Sunday, January 20, 2008

The Splendid Table's "Locavore Nation"

On the way back from driving the rest of my family to the airport early this frigid morning (-11 F. on one digital display we passed -- they were happily on their way to Disney World for a few days), I turned on MPR to find that The Splendid Table has a 6 a.m. airing on Sunday mornings. Not a fact I'd ever had occasion to learn before. Anyway, the show has launched a project called Locavore Nation: "A year-long effort to discover what it takes to obtain, prepare and eat a sustainable, regionally based diet." Something like 5000 listeners across the country have signed on for a challenge to eat mostly local, in-season, preferably organic food for 12 months; 15 of these will blog about it. Minneapolis blogger Sareen Dunleavy Keenan made me smile with her account of buying half a cow (organically raised and grass-fed) from friends in Illinois; the beef car-pooled the 460 miles to their home with a student heading for the U of M, making efficient use of food miles. (Hmmm, I should have the Florida-goers bring back some citrus for me.)

I want to clarify something I wrote in my last post, Extreme Eating, Glocavores, Luddites and More: "I don't think everyone should eat only foods produced within 100 miles of home; I think we should support important regional products that we value, whether they're from our own region or elsewhere." As I hope was reasonably clear, I've got no objection to anyone's deciding that they want to eat only foods produced within 100 miles of home.

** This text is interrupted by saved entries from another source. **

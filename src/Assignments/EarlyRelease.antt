-- ===== src/Assignments/EarlyRelease.antt =====
-- Early release: request, approval, rejection and automatic approval
-- (src/assignments/assignments.service.ts), and the scan that triggers the last
-- (src/assignments/early-release-automation.service.ts).
use guardian_backend_service.Prelude.{
  ℕ, ◌+◌, ◌*◌, Bool, false, Option, none, some, [], ◌∷◌, ◌==◌, ◌===◌, ◌&&◌, ◌||◌, not, is_some,
  or_else, leb, if◌then◌else◌, String,
}
use guardian_backend_service.Prelude.Table.{Table, select_where}
use guardian_backend_service.Prelude.Text.{with_note}
use guardian_backend_service.Prelude.Effect.{
  ok, ◌>>=◌, ◌>>◌, pure, throw_if, gets, branch, when, or_throw, replacement_workflow, not_on_site,
  replacement_pending, early_release_not_allowed, transition_refused, not_awaiting_early_release,
}
use guardian_backend_service.Data.{
  assignment_eq, on_site, early_release_requested, replacement_requested, awaiting_relief,
  EarlyReleaseResolution, Assignment, Job, AuthUser, Notice, Action, atomic, find_assignment,
  update_assignment, audit_log, notify,
}
use guardian_backend_service.Policies.{assert_org_member}
use guardian_backend_service.Assignments.Transitions.{assert_assignment_transition_allowed}
use guardian_backend_service.Assignments.Update.{update_optimistic}
use guardian_backend_service.Assignments.Offers.{own_assignment}
use guardian_backend_service.Assignments.Replacement.{any_assignment}

-- the resolution, when it was made, and when it will be made by itself
pub record ReleaseTerms : Type 0 where
  pub resolution : Option EarlyReleaseResolution
  pub resolved_at : Option ℕ
  pub auto_approve_at : Option ℕ

-- `if (minutes) { autoApproveAt = … }`: no minutes, or 0, set no time
abbrev pub auto_approval_time : ℕ → Option ℕ → Option ℕ
auto_approval_time now none = none
auto_approval_time now (some minutes) = if minutes == 0 then none else some (now + minutes * 60000)

unfoldable pub release_terms : ℕ → Job → ReleaseTerms
release_terms now j =
    if not (or_else j.billing_early_release_requires_client_approval false)
    then record {
      resolution = some EarlyReleaseResolution.auto_approved;
      resolved_at = some now;
      auto_approve_at = none;
    }
    else record {
      resolution = none;
      resolved_at = none;
      auto_approve_at = auto_approval_time now j.billing_auto_approve_after_minutes;
    }

-- the checks of `requestEarlyRelease`
unfoldable pub check_release_request : Assignment → Job → Action (Unit {0})
unfolding assert_assignment_transition_allowed
check_release_request a j = do
  throw_if (a.status === replacement_requested || a.status === awaiting_relief) replacement_workflow
  throw_if (not (a.status === on_site)) not_on_site
  throw_if (is_some a.replacement_requested_at && not (is_some a.replacement_resolution))
      replacement_pending
  throw_if (not (or_else j.billing_allow_early_release false)) early_release_not_allowed
  or_throw (assert_assignment_transition_allowed on_site early_release_requested) transition_refused

unfoldable pub commit_early_release : ℕ → String → ReleaseTerms → Assignment → Action Assignment
unfolding update_assignment
commit_early_release id reason terms a = atomic (do
  updated ← update_optimistic id a.version_number early_release_requested
  now ← gets λ s. s.now
  update_assignment id λ r. record r {
    early_release_requested_at = some now;
    early_release_reason = some reason;
    early_release_resolved_at = terms.resolved_at;
    early_release_resolution = terms.resolution;
    early_release_auto_approve_at = terms.auto_approve_at;
  })

unfoldable pub request_early_release : ℕ → ℕ → String → Action Assignment
unfolding own_assignment check_release_request release_terms commit_early_release audit_log notify
request_early_release id guardian reason = do
  row ← own_assignment id guardian
  check_release_request row.0 row.1
  now ← gets λ s. s.now
  result ← commit_early_release id reason (release_terms now row.1) row.0
  audit_log none "EARLY_RELEASE_REQUESTED" id
  when
      (or_else row.1.billing_early_release_requires_client_approval false
        && not (is_some (release_terms now row.1).resolution))
      (do
        notify
            (Notice.email_org_owners row.1.organization_id "ASSIGNMENT_EARLY_RELEASE_REQUESTED" id)
        notify (Notice.in_app_org_owners row.1.organization_id "Early release requested" id))
  pure result

-- `getAssignmentForClientAction`
unfoldable pub get_assignment_for_client_action : ℕ → AuthUser → Action (Assignment × Job)
unfolding any_assignment assert_org_member
get_assignment_for_client_action id actor = do
  row ← any_assignment id
  assert_org_member row.1.organization_id actor
  pure row

-- the columns that a resolution writes
abbrev pub resolve_release : EarlyReleaseResolution → ℕ → Assignment → Assignment
resolve_release r now a = record a {
  early_release_resolution = some r;
  early_release_resolved_at = some now;
  early_release_auto_approve_at = none;
}

unfoldable pub commit_approve_release : ℕ → EarlyReleaseResolution → Action Assignment
unfolding update_assignment
commit_approve_release id r = do now ← gets λ s. s.now; update_assignment id (resolve_release r now)

-- A release that is resolved already is answered with the row as it is.
unfoldable pub approve_release_of : ℕ → AuthUser → Assignment → Action Assignment
unfolding commit_approve_release audit_log notify
approve_release_of id actor a = do
  throw_if (not (a.status === early_release_requested)) not_awaiting_early_release
  branch (is_some a.early_release_resolution) (pure a) (do
    updated ← commit_approve_release id EarlyReleaseResolution.approved
    audit_log (some actor.sub) "EARLY_RELEASE_APPROVED" id
    notify (Notice.in_app_guardian a.guardian_id "Early release approved" id)
    pure updated)

unfoldable pub approve_early_release : ℕ → AuthUser → Action Assignment
unfolding get_assignment_for_client_action approve_release_of
approve_early_release id actor = do
  row ← get_assignment_for_client_action id actor
  approve_release_of id actor row.0

unfoldable pub commit_reject_release : ℕ → Option String → Assignment → Action Assignment
unfolding update_assignment
commit_reject_release id note a = atomic (do
  updated ← update_optimistic id a.version_number on_site
  now ← gets λ s. s.now
  update_assignment id λ r. record (resolve_release EarlyReleaseResolution.rejected now r) {
    early_release_reason = with_note " | rejected: " note a.early_release_reason;
  })

unfoldable pub reject_release_of : ℕ → AuthUser → Option String → Assignment → Action Assignment
unfolding commit_reject_release audit_log notify
reject_release_of id actor note a = do
  throw_if (not (a.status === early_release_requested)) not_awaiting_early_release
  result ← commit_reject_release id note a
  audit_log (some actor.sub) "EARLY_RELEASE_REJECTED" id
  notify (Notice.in_app_guardian a.guardian_id "Early release denied" id)
  pure result

unfoldable pub reject_early_release : ℕ → AuthUser → Option String → Action Assignment
unfolding get_assignment_for_client_action reject_release_of
reject_early_release id actor note = do
  row ← get_assignment_for_client_action id actor
  reject_release_of id actor note row.0

abbrev pub is_awaiting_release : Assignment → Bool
is_awaiting_release a =
    a.status === early_release_requested && not (is_some a.early_release_resolution)

abbrev pub awaits_release : Option Assignment → Bool
awaits_release none = false
awaits_release (some a) = is_awaiting_release a

unfoldable pub auto_approve_early_release : ℕ → Action (Unit {0})
unfolding find_assignment commit_approve_release audit_log notify
auto_approve_early_release id = do
  found ← find_assignment id
  when (awaits_release found) (do
    updated ← commit_approve_release id EarlyReleaseResolution.auto_approved
    audit_log none "EARLY_RELEASE_AUTO_APPROVED" id
    notify (Notice.in_app_guardian updated.guardian_id "Early release approved" id))

-- the candidates of `scanAndAutoApprove`
abbrev pub is_due : ℕ → Assignment → Bool
is_due now a =
    is_awaiting_release a
    && (elim a.early_release_auto_approve_at [ none ↦ false | some t ↦ leb t now ])

-- An error of one candidate is logged, and the scan goes on.
unfoldable pub approve_each : Table Assignment → Action (Unit {0})
approve_each [] s = (ok tt, s)
approve_each ((id, a) ∷ rest) s = approve_each rest (auto_approve_early_release id s).1

unfoldable pub scan_and_auto_approve : Action (Unit {0})
unfolding approve_each
scan_and_auto_approve s = approve_each (select_where (is_due s.now) s.assignments) s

What I meant is that I don't accept that as a universal goal, to be urged upon everyone. Eat more locally? Yes, absolutely. Eat only locally? Certainly, if you want, but consider the potential negative repercussions of that decision as well as the positive ones. Strike a thoughtful balance, making food choices (or other choices with an environmental, economic or cultural impact) intentionally rather than purely out of habit? That's where I'm trying to be.

As Wendell Berry put it:
Eaters ... must understand that eating takes place inescapably in the world, that it is inescapably an agricultural act, and that how we eat determines, to a considerable extent, how the world is used. This is a simple way of describing a relationship that is inexpressibly complex. To eat responsibly is to understand and enact, so far as one can, this complex relationship.... Eating with the fullest pleasure -- pleasure, that is, that does not depend on ignorance -- is perhaps the profoundest enactment of our connection with the world.
"The Pleasures of Eating" from WHAT ARE PEOPLE FOR? Copyright © 1990 by Wendell Berry.

2 comments:

Walk Out Duluth! said...

I love eating locally as much as I can. The co-op now has local hydroponic lettuce! It's an event when there's winter local produce!

Oh, and after reading your site for all this time, I finally placed a link to your blog on The Center for Sustainable Living's website!

-Scott Schumacher

Unknown said...

Thanks for the tip about the lettuce and for the link! As I've written before, I am so grateful for our wonderful co-op. I will definitely stop in for some local lettuce.